> Assignment
Nothing but the lines from the one containing "filename src/Http/Helpers/Ids/Tests.antt" through the one containing "accepts_plus : parse_id", both included, should be given again, each exactly as written below.

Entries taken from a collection

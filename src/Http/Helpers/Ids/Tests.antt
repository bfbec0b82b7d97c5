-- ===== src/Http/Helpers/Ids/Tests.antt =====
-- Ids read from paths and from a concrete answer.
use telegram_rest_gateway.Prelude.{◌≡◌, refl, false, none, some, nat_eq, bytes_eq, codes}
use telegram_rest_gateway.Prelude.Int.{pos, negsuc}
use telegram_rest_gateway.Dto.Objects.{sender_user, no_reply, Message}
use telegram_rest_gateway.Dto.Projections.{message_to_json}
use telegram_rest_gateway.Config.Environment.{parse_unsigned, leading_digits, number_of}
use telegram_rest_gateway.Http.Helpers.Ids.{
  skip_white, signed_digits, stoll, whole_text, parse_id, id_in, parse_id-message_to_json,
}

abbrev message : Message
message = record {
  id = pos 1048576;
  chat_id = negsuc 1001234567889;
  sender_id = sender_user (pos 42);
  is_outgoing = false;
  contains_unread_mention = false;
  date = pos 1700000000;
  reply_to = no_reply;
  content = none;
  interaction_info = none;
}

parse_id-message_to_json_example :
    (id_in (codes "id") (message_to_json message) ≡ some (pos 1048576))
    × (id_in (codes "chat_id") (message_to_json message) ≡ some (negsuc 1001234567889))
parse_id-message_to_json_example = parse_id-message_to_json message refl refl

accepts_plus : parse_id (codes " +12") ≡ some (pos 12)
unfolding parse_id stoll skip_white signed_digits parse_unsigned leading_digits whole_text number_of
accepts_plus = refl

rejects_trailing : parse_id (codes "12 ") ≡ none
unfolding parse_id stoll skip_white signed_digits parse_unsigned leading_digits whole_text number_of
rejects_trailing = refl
==
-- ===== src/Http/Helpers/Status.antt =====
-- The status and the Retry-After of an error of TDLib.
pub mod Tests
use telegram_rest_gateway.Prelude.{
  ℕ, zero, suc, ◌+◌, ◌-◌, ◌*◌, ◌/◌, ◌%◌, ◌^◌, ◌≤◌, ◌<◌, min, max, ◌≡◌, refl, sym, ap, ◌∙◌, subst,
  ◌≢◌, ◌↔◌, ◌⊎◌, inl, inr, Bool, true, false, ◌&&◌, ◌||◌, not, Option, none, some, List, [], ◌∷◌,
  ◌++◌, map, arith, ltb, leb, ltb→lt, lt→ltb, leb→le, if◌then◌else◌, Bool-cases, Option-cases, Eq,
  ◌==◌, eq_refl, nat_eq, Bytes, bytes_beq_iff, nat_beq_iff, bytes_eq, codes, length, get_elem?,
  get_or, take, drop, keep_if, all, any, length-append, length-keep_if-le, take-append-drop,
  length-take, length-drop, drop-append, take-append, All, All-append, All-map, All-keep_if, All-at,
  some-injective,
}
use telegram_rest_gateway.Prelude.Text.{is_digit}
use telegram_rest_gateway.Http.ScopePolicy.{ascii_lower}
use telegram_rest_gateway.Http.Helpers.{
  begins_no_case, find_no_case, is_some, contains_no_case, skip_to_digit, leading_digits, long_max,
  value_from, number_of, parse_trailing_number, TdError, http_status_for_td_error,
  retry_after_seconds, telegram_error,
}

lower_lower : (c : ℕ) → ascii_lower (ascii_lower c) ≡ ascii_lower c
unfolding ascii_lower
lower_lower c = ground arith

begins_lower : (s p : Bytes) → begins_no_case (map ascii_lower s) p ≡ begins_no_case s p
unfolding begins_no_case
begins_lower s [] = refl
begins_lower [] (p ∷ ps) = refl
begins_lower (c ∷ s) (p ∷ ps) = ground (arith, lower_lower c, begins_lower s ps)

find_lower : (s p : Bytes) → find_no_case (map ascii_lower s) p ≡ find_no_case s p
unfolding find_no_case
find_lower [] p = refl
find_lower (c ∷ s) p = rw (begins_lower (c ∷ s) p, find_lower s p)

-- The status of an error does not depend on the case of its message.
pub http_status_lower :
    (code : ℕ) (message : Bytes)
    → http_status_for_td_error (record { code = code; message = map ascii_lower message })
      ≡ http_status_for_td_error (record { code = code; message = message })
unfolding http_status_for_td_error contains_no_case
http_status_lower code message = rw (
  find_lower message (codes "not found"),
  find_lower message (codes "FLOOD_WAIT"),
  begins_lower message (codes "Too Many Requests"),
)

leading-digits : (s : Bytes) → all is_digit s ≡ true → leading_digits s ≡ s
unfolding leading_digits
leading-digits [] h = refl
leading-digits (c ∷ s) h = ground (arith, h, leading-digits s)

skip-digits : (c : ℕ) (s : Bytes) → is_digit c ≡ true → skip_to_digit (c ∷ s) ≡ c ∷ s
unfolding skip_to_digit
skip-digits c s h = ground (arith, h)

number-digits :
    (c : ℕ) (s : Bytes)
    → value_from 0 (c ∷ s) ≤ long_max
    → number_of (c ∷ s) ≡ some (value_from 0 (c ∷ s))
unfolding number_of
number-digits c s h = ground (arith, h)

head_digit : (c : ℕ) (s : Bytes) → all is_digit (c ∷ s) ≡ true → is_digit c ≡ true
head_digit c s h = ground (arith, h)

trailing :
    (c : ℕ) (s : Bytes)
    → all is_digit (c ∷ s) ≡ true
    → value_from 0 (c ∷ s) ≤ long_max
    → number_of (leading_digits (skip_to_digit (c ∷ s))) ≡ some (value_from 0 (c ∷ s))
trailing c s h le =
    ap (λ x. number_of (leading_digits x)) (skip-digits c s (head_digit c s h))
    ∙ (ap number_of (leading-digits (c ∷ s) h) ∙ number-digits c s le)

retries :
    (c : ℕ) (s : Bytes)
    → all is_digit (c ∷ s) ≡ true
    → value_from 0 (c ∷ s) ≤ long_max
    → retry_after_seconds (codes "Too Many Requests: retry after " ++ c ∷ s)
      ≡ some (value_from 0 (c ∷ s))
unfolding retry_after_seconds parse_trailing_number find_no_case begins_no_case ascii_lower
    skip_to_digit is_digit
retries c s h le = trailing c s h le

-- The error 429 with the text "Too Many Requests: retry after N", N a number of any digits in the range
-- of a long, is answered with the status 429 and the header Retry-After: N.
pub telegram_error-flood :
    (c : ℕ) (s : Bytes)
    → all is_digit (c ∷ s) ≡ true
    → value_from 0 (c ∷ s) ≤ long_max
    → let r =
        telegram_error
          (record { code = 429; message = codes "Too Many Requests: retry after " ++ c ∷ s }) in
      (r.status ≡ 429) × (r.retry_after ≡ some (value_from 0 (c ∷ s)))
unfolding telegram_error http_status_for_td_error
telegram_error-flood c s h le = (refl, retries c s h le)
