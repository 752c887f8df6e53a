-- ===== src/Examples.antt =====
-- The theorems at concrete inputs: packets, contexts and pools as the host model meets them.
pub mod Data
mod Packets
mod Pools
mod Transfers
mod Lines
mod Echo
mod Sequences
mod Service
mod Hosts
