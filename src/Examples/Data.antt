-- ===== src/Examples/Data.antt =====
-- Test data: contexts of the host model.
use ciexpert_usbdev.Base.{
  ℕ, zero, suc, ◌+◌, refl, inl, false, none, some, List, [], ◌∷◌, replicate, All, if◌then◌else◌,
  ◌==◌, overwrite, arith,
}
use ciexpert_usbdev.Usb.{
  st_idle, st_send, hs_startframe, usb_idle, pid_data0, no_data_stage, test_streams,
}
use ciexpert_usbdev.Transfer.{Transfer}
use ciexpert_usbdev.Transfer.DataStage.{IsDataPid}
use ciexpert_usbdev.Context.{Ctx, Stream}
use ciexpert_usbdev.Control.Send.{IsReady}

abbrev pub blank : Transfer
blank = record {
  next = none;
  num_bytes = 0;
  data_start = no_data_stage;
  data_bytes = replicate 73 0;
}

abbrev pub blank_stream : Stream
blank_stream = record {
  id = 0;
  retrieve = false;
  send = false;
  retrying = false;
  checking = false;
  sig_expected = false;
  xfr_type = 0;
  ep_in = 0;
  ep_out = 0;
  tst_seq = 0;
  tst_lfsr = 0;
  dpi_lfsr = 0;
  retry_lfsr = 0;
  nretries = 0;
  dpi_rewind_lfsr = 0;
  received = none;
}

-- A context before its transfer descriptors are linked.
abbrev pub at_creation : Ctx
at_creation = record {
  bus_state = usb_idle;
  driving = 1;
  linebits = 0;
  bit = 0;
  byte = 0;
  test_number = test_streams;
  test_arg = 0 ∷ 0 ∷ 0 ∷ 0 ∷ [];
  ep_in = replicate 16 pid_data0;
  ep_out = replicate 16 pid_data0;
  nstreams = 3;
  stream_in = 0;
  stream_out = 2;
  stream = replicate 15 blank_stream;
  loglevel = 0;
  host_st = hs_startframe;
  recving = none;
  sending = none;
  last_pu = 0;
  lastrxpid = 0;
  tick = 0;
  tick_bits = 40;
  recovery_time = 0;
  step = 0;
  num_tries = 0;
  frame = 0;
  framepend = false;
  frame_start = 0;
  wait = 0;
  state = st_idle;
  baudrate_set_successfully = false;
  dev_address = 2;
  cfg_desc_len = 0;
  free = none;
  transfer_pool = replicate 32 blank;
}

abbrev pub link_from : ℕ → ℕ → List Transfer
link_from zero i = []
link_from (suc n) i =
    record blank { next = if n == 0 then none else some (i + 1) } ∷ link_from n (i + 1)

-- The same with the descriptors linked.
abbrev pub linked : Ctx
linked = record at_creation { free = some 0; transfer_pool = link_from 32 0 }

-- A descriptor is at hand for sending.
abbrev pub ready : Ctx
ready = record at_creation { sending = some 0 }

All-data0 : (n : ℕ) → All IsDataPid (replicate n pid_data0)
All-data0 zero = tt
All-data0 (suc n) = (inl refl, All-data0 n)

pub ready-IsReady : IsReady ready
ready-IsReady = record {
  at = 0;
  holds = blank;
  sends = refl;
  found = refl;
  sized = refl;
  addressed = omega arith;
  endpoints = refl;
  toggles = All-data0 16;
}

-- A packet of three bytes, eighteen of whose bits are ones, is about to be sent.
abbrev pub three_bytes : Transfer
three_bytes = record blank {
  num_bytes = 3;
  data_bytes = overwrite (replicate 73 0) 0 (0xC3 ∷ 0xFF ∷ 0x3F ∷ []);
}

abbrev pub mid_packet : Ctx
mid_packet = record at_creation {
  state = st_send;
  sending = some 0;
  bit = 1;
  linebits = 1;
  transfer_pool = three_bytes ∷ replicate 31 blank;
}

> Reply
filename src/Http/Helpers/Ids/Tests.antt
repository bfbec0b82b7d97c5
-- ===== src/Http/Helpers/Ids/Tests.antt =====
-- Ids read from paths and from a concrete answer.
use telegram_rest_gateway.Prelude.{◌≡◌, refl, false, none, some, nat_eq, bytes_eq, codes}
use telegram_rest_gateway.Prelude.Int.{pos, negsuc}
use telegram_rest_gateway.Dto.Objects.{sender_user, no_reply, Message}
use telegram_rest_gateway.Dto.Projections.{message_to_json}
use telegram_rest_gateway.Config.Environment.{parse_unsigned, leading_digits, number_of}
use telegram_rest_gateway.Http.Helpers.Ids.{
  skip_white, signed_digits, stoll, whole_text, parse_id, id_in, parse_id-message_to_json,
}

abbrev message : Message
message = record {
  id = pos 1048576;
  chat_id = negsuc 1001234567889;
  sender_id = sender_user (pos 42);
  is_outgoing = false;
  contains_unread_mention = false;
  date = pos 1700000000;
  reply_to = no_reply;
  content = none;
  interaction_info = none;
}

parse_id-message_to_json_example :
    (id_in (codes "id") (message_to_json message) ≡ some (pos 1048576))
    × (id_in (codes "chat_id") (message_to_json message) ≡ some (negsuc 1001234567889))
parse_id-message_to_json_example = parse_id-message_to_json message refl refl

accepts_plus : parse_id (codes " +12") ≡ some (pos 12)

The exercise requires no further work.